How to allow `set` in a `Computed` to trigger a recomputation synchronously (until the result is stable)
Hello, As a maintainer of the tansu signal library, I am trying (here) to re-implement it using signal-polyfill and I came across the following difference of behavior, that I would like to solve, avoiding any breaking change.
With tansu, calling set on a signal in a computed that has a dependency on that signal re-triggers the computation of the computed until the value is stable (with a fixed maximum number of iterations). For example:
import {writable, computed} from "@amadeus-it-group/tansu";
const s = writable(0);
const c = computed(() => {
const value = s();
if (value < 10) {
s.set(value + 1);
}
return value;
});
const d = computed(() => {
const value = s();
if (value < 10) {
s.set(value + 1);
}
return value;
});
console.log(c()); // logs: 10
console.log(c()); // logs: 10
console.log(d()); // logs: 10
console.log(d()); // logs: 10
console.log(c()); // logs: 10
console.log(d()); // logs: 10
(cf this test)
With signal-polyfill, there was apparently a different design decision:
import { Signal } from 'signal-polyfill';
const s = new Signal.State(0);
const c = new Signal.Computed(() => {
const value = s.get();
if (value < 10) {
s.set(value + 1);
}
return value;
});
const d = new Signal.Computed(() => {
const value = s.get();
if (value < 10) {
s.set(value + 1);
}
return value;
});
console.log(c.get()); // logs: 0
console.log(c.get()); // logs: 0
console.log(d.get()); // logs: 1
console.log(d.get()); // logs: 1
console.log(c.get()); // logs: 2
console.log(d.get()); // logs: 3
My question is simple: how may I reproduce the behavior of tansu when implementing it using signal-polyfill?
Do you think this signals proposal could change to adopt this different behavior?
Alternatively, we could probably implement this if we had some other primitives that are missing in the current specification (and I think those would be useful anyway):
- having a way to intercept tracked reads (as suggested by @shaylew for a different issue here)
- having a way to know whether a computed signal is dirty (i.e. one of its direct or transitive dependencies have changed since the last computation)
- having a way to know whether a computed signal actually changed after recomputing it (taking into account its own equals function)

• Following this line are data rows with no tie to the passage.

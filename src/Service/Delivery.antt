-- ===== src/Service/Delivery.antt =====
-- crates/is-net/src/service.rs: what is queued for the connected peers.
use inputshare.Base.{ℕ, Bool, Option, none, some, List, [], ◌∷◌, ◌++◌, if◌then◌else◌}
use inputshare.Model.{WorkspaceUpdate}
use inputshare.Sharing.{InputEvent}
use inputshare.Service.{BTreeMap, get, PeerSlot, Actor, change, map_slots}
use inputshare.Wire.{Message, update, input, cursor_owner}

-- Every connected peer gets the update; one whose queue is full loses its connection instead.
unfoldable pub queue_update : (ℕ → Bool) → ℕ → PeerSlot → PeerSlot
queue_update accepts id slot = elim slot.outbound [
  | none ↦ slot
  | some session ↦ if accepts session then slot else record slot { outbound = none }
]

abbrev delivery : (ℕ → Bool) → ℕ → Message → Option ℕ → List (ℕ × Message)
delivery accepts id m none = []
delivery accepts id m (some session) = if accepts session then (id, m) ∷ [] else []

unfoldable pub deliveries : (ℕ → Bool) → Message → BTreeMap PeerSlot → List (ℕ × Message)
deliveries accepts m [] = []
deliveries accepts m ((id, slot) ∷ rest) =
    delivery accepts id m slot.outbound ++ deliveries accepts m rest

unfoldable pub on_broadcast : (ℕ → Bool) → WorkspaceUpdate → Actor → Actor
unfolding map_slots queue_update deliveries
on_broadcast accepts u a = record a {
  peers = map_slots (queue_update accepts) a.peers;
  sent = a.sent ++ deliveries accepts (update u) a.peers;
}

unfoldable pub on_announce_owner : (ℕ → Bool) → ℕ → Actor → Actor
unfolding deliveries
on_announce_owner accepts id a = record a {
  sent = a.sent ++ deliveries accepts (cursor_owner id) a.peers;
}

abbrev outbound_of : Option PeerSlot → Option ℕ
outbound_of none = none
outbound_of (some slot) = slot.outbound

unfoldable pub on_send_input : (ℕ → Bool) → ℕ → List InputEvent → Actor → Actor
unfolding change queue_update
on_send_input accepts to events a = record a {
  peers = change (queue_update accepts to) to a.peers;
  sent = a.sent ++ delivery accepts to (input events) (outbound_of (get a.peers to));
}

This way, maybe we could have a loop in our tansu computed which, after each computation, goes over all tracked reads called during the computed and checks if any of them is dirty at the end of computed. If it is the case, it means one of the (direct or transitive) dependencies changed during the call to computed and that we may need to recompute (in case those dependencies really changed).
What do you think?
I believe that mutation during computation should be completely prohibited. What is in the computed should be a pure function.
I believe that mutation during computation should be completely prohibited. What is in the computed should be a pure function.
@szagi3891 Thank you for expressing your opinion. It is indeed a best practice to only have a pure function as the callback for computed.
However, I am against completely prohibiting calling set in computed. The Signal.Computed function described in this spec can be used to implement effects too (and effects are usually not pure functions). But the goal of this issue is not to debate whether calling set should be completely prohibited inside computed. There is this issue for that purpose
@divdavem have you tried using untrack within the computed?
@NullVoxPopuli Thank you for your answer!
@divdavem have you tried using untrack within the computed?
Do you mean around s.get()? But I would still like the computed to be recomputed again when s changes.
how would that be implemented algorithmically?
how would that be implemented algorithmically?
@NullVoxPopuli I have opened https://github.com/proposal-signals/signal-polyfill/pull/19 to show how this could be implemented.
The current behaviour of only invalidating the computed makes sense to me, allowing set inside a computed seems fine, but I don't see benefit in automatically recomputing if a dep changes inside the computed.
If you want some kind of mutation of deps to affect the result like your example you can use untrack. Is there a use case you can provide that this solution wouldn't work for?
const c = new Signal.Computed(() => {
Signal.subtle.untrack(() => {
if (s.get() < 10) {
s.set(10);
}
});
return s.get();
});
In graphs, we mainly want to run a given function as few times as possible. To collect all the dependencies it needs and execute it once. If we execute this function until the state stabilizes - the whole point of the graph loses its meaning. Imagine that you have a function that is very processor-intensive and you execute it multiple times to stabilize the state (and additionally you would run many other heavy? functions in these cycles).